For information about NULL values and aggregate functions, see Aggregate functions and NULL values.
When this function is called as a window function, it doesn’t support:
An ORDER BY clause within the OVER clause.
Explicit window frames.
Examples¶
Create a table and insert values:
CREATE OR REPLACE TABLE datasketches_demo(v INT, g INT);
INSERT INTO datasketches_demo SELECT 1, 1;
INSERT INTO datasketches_demo SELECT 2, 1;
INSERT INTO datasketches_demo SELECT 2, 1;
INSERT INTO datasketches_demo SELECT 2, 1;
INSERT INTO datasketches_demo SELECT 1, 2;
INSERT INTO datasketches_demo SELECT 1, 2;
INSERT INTO datasketches_demo SELECT 4, 2;
INSERT INTO datasketches_demo SELECT 4, 2;
INSERT INTO datasketches_demo SELECT 5, 2;
The following examples use the data in the table.
Return the estimated cardinality of grouped data in a column¶
Use the DATASKETCHES_HLL function to approximate the distinct cardinality of the data in column v
grouped by the values in column g
.
SELECT g,
DATASKETCHES_HLL(v),
COUNT(DISTINCT v)
FROM datasketches_demo GROUP BY g;
+---+---------------------+-------------------+
| G | DATASKETCHES_HLL(V) | COUNT(DISTINCT V) |
|---+---------------------+-------------------|
| 1 | 2.000000005 | 2 |
| 2 | 3.000000015 | 3 |
+---+---------------------+-------------------+
The output shows that for value 1
in column g
, there are about two distinct values in column v
(that is, 1
and 2
). For value 2
in column g
, there are about three distinct values in column v
(that is, 1
, 4
, and 5
). The COUNT(DISTINCT v))
call returns exact number of distinct
values instead of an estimate.
If you use the DATASKETCHES_HLL_ACCUMULATE function to create binary sketches from the grouped data, the DATASKETCHES_HLL_ESTIMATE function returns the same results for the accumulated sketches. For an example, see Return the cardinality estimate for accumulated binary sketches.
Return the estimated cardinality of all data in a column¶
Use the DATASKETCHES_HLL function to approximate the distinct cardinality of all of the data in column v
.
SELECT DATASKETCHES_HLL(v),
COUNT(DISTINCT v)
FROM datasketches_demo;
+---------------------+-------------------+
| DATASKETCHES_HLL(V) | COUNT(DISTINCT V) |
|---------------------+-------------------|
| 4.00000003 | 4 |
+---------------------+-------------------+
The output shows that there are about four distinct values in column v
(that is, 1
, 2
, 4
, and 5
).
The COUNT(DISTINCT v))
call returns exact number of distinct values instead of an estimate.

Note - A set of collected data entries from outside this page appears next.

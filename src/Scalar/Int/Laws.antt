-- ===== src/Scalar/Int/Laws.antt =====
-- When the operations of src/int.rs are exact, and when they panic.
use mux_runtime.Common.{
  ℕ, zero, suc, ◌+◌, ◌*◌, ◌/◌, ◌%◌, ◌≤◌, ◌<◌, ◌≡◌, ◌≢◌, ◌↔◌, refl, arith, Bool, true, false, ok,
  err, ◌&&◌, ◌⊎◌, inl, inr,
}
use mux_runtime.Common.Int.{
  ℤ, pos, negsuc, ◌+ℤ◌, ◌-ℤ◌, ◌*ℤ◌, IsI64, i64_min, abs_ℕ, wrap_i64_of_fit, eqb_ℤ, fits_i64,
}
use mux_runtime.Scalar.Int.{
  quot, rem, int_add, int_sub, int_mul, int_div, int_rem, rem_result, div_i64, rem_i64, returns,
  panics, division_by_zero, modulo_by_zero,
}

div_mod : (a b : ℕ) → b * (a / b) + a % b ≡ a
div_mod a b = grind arith

-- Quotient and remainder give the dividend again.
quot-rem : (a b : ℤ) → b ≢ pos 0 → quot a b *ℤ b +ℤ rem a b ≡ a
unfolding quot rem ◌*ℤ◌ ◌+ℤ◌
quot-rem (pos a) (pos b) h = ground (arith, div_mod a b)
quot-rem (pos a) (negsuc b) h = ground (arith, div_mod a (suc b))
quot-rem (negsuc a) (pos b) h = ground (arith, div_mod (suc a) b)
quot-rem (negsuc a) (negsuc b) h = ground (arith, div_mod (suc a) (suc b))

rem-lt : (a b : ℤ) → b ≢ pos 0 → abs_ℕ (rem a b) < abs_ℕ b
unfolding rem
rem-lt (pos a) (pos b) h = ground arith
rem-lt (pos a) (negsuc b) h = ground arith
rem-lt (negsuc a) (pos b) h = ground arith
rem-lt (negsuc a) (negsuc b) h = ground arith

-- the one quotient of `i64` values that does not fit
abbrev pub overflows : ℤ → ℤ → Bool
overflows a b = eqb_ℤ a i64_min && eqb_ℤ b (negsuc 0)

quot_small : (a b : ℕ) → a / suc (suc b) * 2 ≤ a
quot_small a b = grind arith

div-le : (a b : ℕ) → a / suc b ≤ a
div-le a b = grind arith

-- The quotient of two `i64` values is one, but for the least one divided by -1.
quot-IsI64 : (a b : ℤ) → IsI64 a → b ≢ pos 0 → overflows a b ≡ false → IsI64 (quot a b)
unfolding quot
quot-IsI64 (pos a) (pos zero) ia h o = absurd (h refl)
quot-IsI64 (pos a) (pos (suc b)) ia h o = omega (arith, div-le a b)
quot-IsI64 (pos a) (negsuc b) ia h o = ground (arith, div-le a b)
quot-IsI64 (negsuc a) (pos zero) ia h o = absurd (h refl)
quot-IsI64 (negsuc a) (pos (suc b)) ia h o = ground (arith, div-le (suc a) b)
quot-IsI64 (negsuc a) (negsuc zero) ia h o = ground arith
quot-IsI64 (negsuc a) (negsuc (suc b)) ia h o = omega (arith, quot_small (suc a) b)

fits_of-IsI64 : (a : ℤ) → IsI64 a → fits_i64 a ≡ true
fits_of-IsI64 a h = ground arith

-- For `i64` operands with a divisor other than zero, and not the least one by -1, division and
-- remainder return; the quotient is an `i64`, the two give the dividend again, and the remainder is
-- smaller than the divisor.
pub int_div_exact :
    (a b : ℤ)
    → IsI64 a
    → b ≢ pos 0
    → overflows a b ≡ false
    → (int_div a b ≡ returns (ok (quot a b)))
      × (int_rem a b ≡ returns (rem a b))
      × IsI64 (quot a b)
      × (quot a b *ℤ b +ℤ rem a b ≡ a)
      × (abs_ℕ (rem a b) < abs_ℕ b)
unfolding int_div int_rem div_i64 rem_i64
int_div_exact a b ia h o =
    let nz : eqb_ℤ b (pos 0) ≡ false = ground arith in
    let fits = quot-IsI64 a b ia h o in
    let d : fits_i64 (quot a b) ≡ true = fits_of-IsI64 (quot a b) fits in
    (rw (nz, d), rw (nz, d), fits, quot-rem a b h, rem-lt a b h)

-- a zero divisor, the quotient that does not fit, and the others
divisor_cases :
    (a b : ℤ)
    → (b ≡ pos 0) ⊎ ((a ≡ i64_min) × (b ≡ negsuc 0)) ⊎ ((b ≢ pos 0) × (overflows a b ≡ false))
divisor_cases a b = ground arith

-- For `i64` operands, division and remainder give their error exactly at a zero divisor, and panic
-- exactly where the divisor is not zero and the quotient is no `i64`; for division that is exactly the
-- least value divided by -1.
pub int_div-panics_iff :
    (a b : ℤ)
    → IsI64 a
    → ((int_div a b ≡ returns (err division_by_zero)) ↔ (b ≡ pos 0))
      × ((rem_result a b ≡ returns (err modulo_by_zero)) ↔ (b ≡ pos 0))
      × ((int_div a b ≡ panics) ↔ ((b ≢ pos 0) × ¬ IsI64 (quot a b)))
      × ((rem_result a b ≡ panics) ↔ ((b ≢ pos 0) × ¬ IsI64 (quot a b)))
      × ((int_div a b ≡ panics) ↔ ((a ≡ i64_min) × (b ≡ negsuc 0)))
unfolding int_div rem_result div_i64 rem_i64
int_div-panics_iff a b ia = elim (divisor_cases a b) [
  | inl z ↦ rw (z) (
    (ground arith, ground arith),
    (ground arith, ground arith),
    (ground arith, ground arith),
    (ground arith, ground arith),
    (ground arith, ground arith),
  )
  | inr (inl (m, n)) ↦
      rw (m, n)
        (
          (ground arith, ground arith),
          (ground arith, ground arith),
          (ground arith, ground arith),
          (ground arith, ground arith),
          (ground arith, ground arith),
        )
  | inr (inr (nz, o)) ↦
      let d = quot-IsI64 a b ia nz o in
      let f : fits_i64 (quot a b) ≡ true = fits_of-IsI64 (quot a b) d in
      let n : eqb_ℤ b (pos 0) ≡ false = ground arith in
      rw (n, f)
        (
          (ground arith, ground arith),
          (ground arith, ground arith),
          (ground arith, ground arith),
          (ground arith, ground arith),
          (ground arith, ground arith),
        )
]

-- Where the true result is an `i64`, addition, subtraction and multiplication give it.
pub int_ops_exact :
    (a b : ℤ)
    → IsI64 (a +ℤ b)
    → IsI64 (a -ℤ b)
    → IsI64 (a *ℤ b)
    → (int_add a b ≡ a +ℤ b) × (int_sub a b ≡ a -ℤ b) × (int_mul a b ≡ a *ℤ b)
unfolding int_add int_sub int_mul
int_ops_exact a b p m t =
    (wrap_i64_of_fit (a +ℤ b) p, wrap_i64_of_fit (a -ℤ b) m, wrap_i64_of_fit (a *ℤ b) t)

If you use the DATASKETCHES_HLL_ACCUMULATE function to create binary sketches from the grouped data, and then use the DATASKETCHES_HLL_COMBINE function to combine the sketches into one unified sketch, the DATASKETCHES_HLL_ESTIMATE function returns the same results for the unified sketch. For an example, see Return the cardinality estimate for combined binary sketches.